* What the task requires:
Please work out the number of lines in the following material that include "Graph", and reply with only that number.

* Material supplied:
****************************************

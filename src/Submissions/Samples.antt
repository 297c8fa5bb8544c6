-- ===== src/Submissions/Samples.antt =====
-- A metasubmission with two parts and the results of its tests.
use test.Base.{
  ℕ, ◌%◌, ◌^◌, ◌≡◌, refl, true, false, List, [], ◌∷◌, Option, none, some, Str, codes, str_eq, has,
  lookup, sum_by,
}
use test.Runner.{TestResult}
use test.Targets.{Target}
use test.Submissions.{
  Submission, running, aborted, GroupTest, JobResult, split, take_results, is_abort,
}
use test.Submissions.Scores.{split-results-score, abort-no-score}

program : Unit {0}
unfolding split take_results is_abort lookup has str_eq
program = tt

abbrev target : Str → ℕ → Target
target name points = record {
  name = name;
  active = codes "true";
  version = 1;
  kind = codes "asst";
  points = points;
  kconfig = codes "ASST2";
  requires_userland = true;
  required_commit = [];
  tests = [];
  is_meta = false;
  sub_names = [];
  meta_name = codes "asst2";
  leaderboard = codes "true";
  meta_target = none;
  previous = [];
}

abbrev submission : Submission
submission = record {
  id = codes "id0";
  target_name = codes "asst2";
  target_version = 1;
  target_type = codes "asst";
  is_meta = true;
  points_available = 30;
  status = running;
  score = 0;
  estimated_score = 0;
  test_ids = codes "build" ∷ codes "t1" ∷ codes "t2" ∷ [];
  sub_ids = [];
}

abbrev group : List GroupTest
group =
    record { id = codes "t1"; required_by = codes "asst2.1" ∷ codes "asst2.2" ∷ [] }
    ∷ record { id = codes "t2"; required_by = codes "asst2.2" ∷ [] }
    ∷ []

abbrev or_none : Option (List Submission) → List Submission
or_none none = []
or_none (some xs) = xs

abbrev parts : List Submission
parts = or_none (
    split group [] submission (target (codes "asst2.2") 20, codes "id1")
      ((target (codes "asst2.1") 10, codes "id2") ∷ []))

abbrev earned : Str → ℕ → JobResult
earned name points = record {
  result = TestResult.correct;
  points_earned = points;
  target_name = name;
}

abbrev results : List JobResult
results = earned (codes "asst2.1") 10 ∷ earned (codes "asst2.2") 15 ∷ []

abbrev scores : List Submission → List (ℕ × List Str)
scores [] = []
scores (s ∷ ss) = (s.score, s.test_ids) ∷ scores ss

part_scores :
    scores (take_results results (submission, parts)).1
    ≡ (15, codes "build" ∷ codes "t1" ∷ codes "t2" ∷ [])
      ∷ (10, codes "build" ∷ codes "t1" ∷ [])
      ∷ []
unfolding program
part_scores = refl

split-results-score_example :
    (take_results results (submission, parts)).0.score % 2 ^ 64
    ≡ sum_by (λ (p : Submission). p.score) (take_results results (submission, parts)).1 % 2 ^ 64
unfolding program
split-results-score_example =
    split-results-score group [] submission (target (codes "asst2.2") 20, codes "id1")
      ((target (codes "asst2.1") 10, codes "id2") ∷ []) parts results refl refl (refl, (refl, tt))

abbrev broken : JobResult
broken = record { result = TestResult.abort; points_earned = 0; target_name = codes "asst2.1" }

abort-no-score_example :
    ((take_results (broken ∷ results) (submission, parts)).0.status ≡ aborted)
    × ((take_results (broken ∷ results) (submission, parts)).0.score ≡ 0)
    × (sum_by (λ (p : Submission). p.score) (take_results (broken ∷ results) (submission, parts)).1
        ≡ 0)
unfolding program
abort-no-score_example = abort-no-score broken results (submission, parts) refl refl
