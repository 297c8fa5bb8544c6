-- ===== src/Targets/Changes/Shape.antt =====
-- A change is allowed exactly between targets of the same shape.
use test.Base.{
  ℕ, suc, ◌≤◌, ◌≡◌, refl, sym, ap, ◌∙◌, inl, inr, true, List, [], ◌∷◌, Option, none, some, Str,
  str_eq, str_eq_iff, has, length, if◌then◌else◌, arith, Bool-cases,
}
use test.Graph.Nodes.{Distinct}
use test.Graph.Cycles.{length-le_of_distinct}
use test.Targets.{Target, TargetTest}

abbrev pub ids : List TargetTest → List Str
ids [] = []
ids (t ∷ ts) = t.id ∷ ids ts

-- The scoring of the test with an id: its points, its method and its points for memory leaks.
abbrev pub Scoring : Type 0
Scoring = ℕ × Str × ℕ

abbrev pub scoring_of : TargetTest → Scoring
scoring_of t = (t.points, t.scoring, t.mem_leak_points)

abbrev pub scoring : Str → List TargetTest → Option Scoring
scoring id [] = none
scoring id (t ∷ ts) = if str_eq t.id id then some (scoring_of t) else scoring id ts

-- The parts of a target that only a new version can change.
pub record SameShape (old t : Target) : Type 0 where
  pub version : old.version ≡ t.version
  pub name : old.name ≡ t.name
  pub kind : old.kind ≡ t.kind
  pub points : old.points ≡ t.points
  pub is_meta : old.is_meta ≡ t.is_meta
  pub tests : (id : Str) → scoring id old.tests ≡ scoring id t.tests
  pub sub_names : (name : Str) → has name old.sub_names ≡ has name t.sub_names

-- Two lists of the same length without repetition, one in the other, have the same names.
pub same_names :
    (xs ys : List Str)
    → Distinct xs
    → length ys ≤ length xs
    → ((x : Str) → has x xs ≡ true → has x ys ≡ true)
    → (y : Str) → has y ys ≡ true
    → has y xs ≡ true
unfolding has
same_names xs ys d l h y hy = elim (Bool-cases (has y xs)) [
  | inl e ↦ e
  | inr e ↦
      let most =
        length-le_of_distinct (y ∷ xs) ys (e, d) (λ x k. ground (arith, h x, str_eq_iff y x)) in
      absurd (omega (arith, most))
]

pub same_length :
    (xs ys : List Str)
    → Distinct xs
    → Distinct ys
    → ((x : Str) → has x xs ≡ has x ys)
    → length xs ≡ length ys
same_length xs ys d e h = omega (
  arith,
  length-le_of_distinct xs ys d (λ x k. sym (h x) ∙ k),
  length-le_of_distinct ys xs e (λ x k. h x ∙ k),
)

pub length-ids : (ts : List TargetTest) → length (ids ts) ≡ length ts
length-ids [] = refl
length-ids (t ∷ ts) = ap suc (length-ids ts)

****************************************

* Result for this task:
2